> TRY IT:
Nothing in the records may be altered, so transcribe them exactly.
Top of DATA FOR REVIEW
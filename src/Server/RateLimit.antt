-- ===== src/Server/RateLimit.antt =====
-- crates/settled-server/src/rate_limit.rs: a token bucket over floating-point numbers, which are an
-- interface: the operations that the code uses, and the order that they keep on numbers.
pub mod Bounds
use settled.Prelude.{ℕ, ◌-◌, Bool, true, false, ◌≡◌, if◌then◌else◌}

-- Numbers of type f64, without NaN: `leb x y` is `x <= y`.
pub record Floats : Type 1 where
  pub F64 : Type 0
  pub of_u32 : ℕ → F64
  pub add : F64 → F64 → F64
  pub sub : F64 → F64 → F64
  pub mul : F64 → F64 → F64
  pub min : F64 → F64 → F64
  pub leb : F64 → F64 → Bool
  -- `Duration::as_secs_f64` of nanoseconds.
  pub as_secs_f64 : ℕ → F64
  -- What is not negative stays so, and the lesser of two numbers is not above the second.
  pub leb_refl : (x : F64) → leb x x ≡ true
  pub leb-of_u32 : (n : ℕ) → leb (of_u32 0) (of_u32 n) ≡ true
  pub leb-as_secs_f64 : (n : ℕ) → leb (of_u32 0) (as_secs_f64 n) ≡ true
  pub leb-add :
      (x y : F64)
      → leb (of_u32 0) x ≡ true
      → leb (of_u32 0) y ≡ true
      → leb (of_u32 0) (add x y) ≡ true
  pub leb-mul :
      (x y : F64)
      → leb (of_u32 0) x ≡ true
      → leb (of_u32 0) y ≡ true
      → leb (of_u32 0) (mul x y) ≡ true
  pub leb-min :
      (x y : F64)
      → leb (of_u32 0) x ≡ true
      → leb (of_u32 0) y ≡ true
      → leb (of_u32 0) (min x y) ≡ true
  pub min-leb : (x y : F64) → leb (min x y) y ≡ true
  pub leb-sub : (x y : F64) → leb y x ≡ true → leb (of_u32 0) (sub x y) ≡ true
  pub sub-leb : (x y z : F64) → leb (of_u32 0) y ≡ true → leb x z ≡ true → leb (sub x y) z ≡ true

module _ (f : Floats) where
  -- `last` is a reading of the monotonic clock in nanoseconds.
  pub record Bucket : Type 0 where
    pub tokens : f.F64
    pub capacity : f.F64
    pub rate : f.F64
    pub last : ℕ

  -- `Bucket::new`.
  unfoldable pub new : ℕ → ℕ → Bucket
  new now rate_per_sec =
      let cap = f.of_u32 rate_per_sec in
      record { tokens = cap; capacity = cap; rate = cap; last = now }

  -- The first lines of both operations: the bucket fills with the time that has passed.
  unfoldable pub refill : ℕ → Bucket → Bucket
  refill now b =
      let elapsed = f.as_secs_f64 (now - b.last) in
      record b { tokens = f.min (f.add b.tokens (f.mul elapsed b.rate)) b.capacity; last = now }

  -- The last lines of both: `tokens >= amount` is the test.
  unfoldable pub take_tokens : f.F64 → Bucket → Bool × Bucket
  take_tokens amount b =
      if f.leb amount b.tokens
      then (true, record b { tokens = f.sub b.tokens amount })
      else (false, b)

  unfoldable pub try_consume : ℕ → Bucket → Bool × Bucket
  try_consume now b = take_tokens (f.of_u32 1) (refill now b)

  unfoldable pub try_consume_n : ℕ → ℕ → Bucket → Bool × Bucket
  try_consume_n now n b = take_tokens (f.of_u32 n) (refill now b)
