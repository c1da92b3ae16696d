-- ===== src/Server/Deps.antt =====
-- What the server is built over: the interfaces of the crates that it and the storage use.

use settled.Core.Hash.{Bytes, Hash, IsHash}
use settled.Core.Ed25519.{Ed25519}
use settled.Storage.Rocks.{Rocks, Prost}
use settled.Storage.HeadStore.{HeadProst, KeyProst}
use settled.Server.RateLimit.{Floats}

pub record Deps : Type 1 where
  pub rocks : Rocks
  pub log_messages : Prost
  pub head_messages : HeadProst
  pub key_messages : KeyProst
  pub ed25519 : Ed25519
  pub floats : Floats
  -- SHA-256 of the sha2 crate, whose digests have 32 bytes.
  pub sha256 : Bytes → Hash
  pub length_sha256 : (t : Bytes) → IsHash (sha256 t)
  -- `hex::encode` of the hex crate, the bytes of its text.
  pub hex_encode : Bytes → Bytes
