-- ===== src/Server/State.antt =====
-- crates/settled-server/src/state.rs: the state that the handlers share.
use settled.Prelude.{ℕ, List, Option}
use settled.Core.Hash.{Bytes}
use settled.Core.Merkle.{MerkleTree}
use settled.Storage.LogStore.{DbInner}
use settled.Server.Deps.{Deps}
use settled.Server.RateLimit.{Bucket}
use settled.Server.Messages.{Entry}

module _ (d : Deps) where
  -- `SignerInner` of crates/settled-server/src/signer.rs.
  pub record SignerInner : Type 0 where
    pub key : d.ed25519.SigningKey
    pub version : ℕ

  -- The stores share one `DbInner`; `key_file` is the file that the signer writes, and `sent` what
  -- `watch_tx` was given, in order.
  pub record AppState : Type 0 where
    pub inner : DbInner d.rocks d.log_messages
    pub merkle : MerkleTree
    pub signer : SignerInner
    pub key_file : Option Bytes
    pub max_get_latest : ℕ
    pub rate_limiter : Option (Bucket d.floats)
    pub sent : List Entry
Bottom of DATA FOR REVIEW
> PROBLEM SOLUTION:
filename src/Server/RateLimit.antt
-- ===== src/Server/RateLimit.antt =====
-- crates/settled-server/src/rate_limit.rs: a token bucket over floating-point numbers, which are an
-- interface: the operations that the code uses, and the order that they keep on numbers.
pub mod Bounds
use settled.Prelude.{ℕ, ◌-◌, Bool, true, false, ◌≡◌, if◌then◌else◌}

-- Numbers of type f64, without NaN: `leb x y` is `x <= y`.
pub record Floats : Type 1 where
  pub F64 : Type 0
  pub of_u32 : ℕ → F64
  pub add : F64 → F64 → F64
  pub sub : F64 → F64 → F64
  pub mul : F64 → F64 → F64
  pub min : F64 → F64 → F64
  pub leb : F64 → F64 → Bool
  -- `Duration::as_secs_f64` of nanoseconds.
  pub as_secs_f64 : ℕ → F64
  -- What is not negative stays so, and the lesser of two numbers is not above the second.
  pub leb_refl : (x : F64) → leb x x ≡ true
  pub leb-of_u32 : (n : ℕ) → leb (of_u32 0) (of_u32 n) ≡ true
  pub leb-as_secs_f64 : (n : ℕ) → leb (of_u32 0) (as_secs_f64 n) ≡ true
  pub leb-add :
      (x y : F64)
      → leb (of_u32 0) x ≡ true
      → leb (of_u32 0) y ≡ true
      → leb (of_u32 0) (add x y) ≡ true
  pub leb-mul :
      (x y : F64)
      → leb (of_u32 0) x ≡ true
      → leb (of_u32 0) y ≡ true
      → leb (of_u32 0) (mul x y) ≡ true
  pub leb-min :
      (x y : F64)
      → leb (of_u32 0) x ≡ true
      → leb (of_u32 0) y ≡ true
      → leb (of_u32 0) (min x y) ≡ true
  pub min-leb : (x y : F64) → leb (min x y) y ≡ true
  pub leb-sub : (x y : F64) → leb y x ≡ true → leb (of_u32 0) (sub x y) ≡ true
  pub sub-leb : (x y z : F64) → leb (of_u32 0) y ≡ true → leb x z ≡ true → leb (sub x y) z ≡ true

module _ (f : Floats) where
  -- `last` is a reading of the monotonic clock in nanoseconds.
  pub record Bucket : Type 0 where
    pub tokens : f.F64
    pub capacity : f.F64
    pub rate : f.F64
    pub last : ℕ

  -- `Bucket::new`.
  unfoldable pub new : ℕ → ℕ → Bucket
  new now rate_per_sec =
      let cap = f.of_u32 rate_per_sec in
      record { tokens = cap; capacity = cap; rate = cap; last = now }

  -- The first lines of both operations: the bucket fills with the time that has passed.
  unfoldable pub refill : ℕ → Bucket → Bucket
  refill now b =
      let elapsed = f.as_secs_f64 (now - b.last) in
      record b { tokens = f.min (f.add b.tokens (f.mul elapsed b.rate)) b.capacity; last = now }

  -- The last lines of both: `tokens >= amount` is the test.
  unfoldable pub take_tokens : f.F64 → Bucket → Bool × Bucket
  take_tokens amount b =
      if f.leb amount b.tokens
      then (true, record b { tokens = f.sub b.tokens amount })
      else (false, b)

  unfoldable pub try_consume : ℕ → Bucket → Bool × Bucket
  try_consume now b = take_tokens (f.of_u32 1) (refill now b)

  unfoldable pub try_consume_n : ℕ → ℕ → Bucket → Bool × Bucket
  try_consume_n now n b = take_tokens (f.of_u32 n) (refill now b)
repository c1da92b3ae16696d
-- ===== src/Server/Deps.antt =====
-- What the server is built over: the interfaces of the crates that it and the storage use.

use settled.Core.Hash.{Bytes, Hash, IsHash}
use settled.Core.Ed25519.{Ed25519}
use settled.Storage.Rocks.{Rocks, Prost}
use settled.Storage.HeadStore.{HeadProst, KeyProst}
use settled.Server.RateLimit.{Floats}

pub record Deps : Type 1 where
  pub rocks : Rocks
  pub log_messages : Prost
  pub head_messages : HeadProst
  pub key_messages : KeyProst
  pub ed25519 : Ed25519
  pub floats : Floats
  -- SHA-256 of the sha2 crate, whose digests have 32 bytes.
  pub sha256 : Bytes → Hash
  pub length_sha256 : (t : Bytes) → IsHash (sha256 t)
  -- `hex::encode` of the hex crate, the bytes of its text.
  pub hex_encode : Bytes → Bytes
-- ===== src/Server/State.antt =====
-- crates/settled-server/src/state.rs: the state that the handlers share.
use settled.Prelude.{ℕ, List, Option}
use settled.Core.Hash.{Bytes}
use settled.Core.Merkle.{MerkleTree}
use settled.Storage.LogStore.{DbInner}
use settled.Server.Deps.{Deps}
use settled.Server.RateLimit.{Bucket}
use settled.Server.Messages.{Entry}

module _ (d : Deps) where
  -- `SignerInner` of crates/settled-server/src/signer.rs.
  pub record SignerInner : Type 0 where
    pub key : d.ed25519.SigningKey
    pub version : ℕ

  -- The stores share one `DbInner`; `key_file` is the file that the signer writes, and `sent` what
  -- `watch_tx` was given, in order.
  pub record AppState : Type 0 where
    pub inner : DbInner d.rocks d.log_messages
    pub merkle : MerkleTree
    pub signer : SignerInner
    pub key_file : Option Bytes
    pub max_get_latest : ℕ
    pub rate_limiter : Option (Bucket d.floats)
    pub sent : List Entry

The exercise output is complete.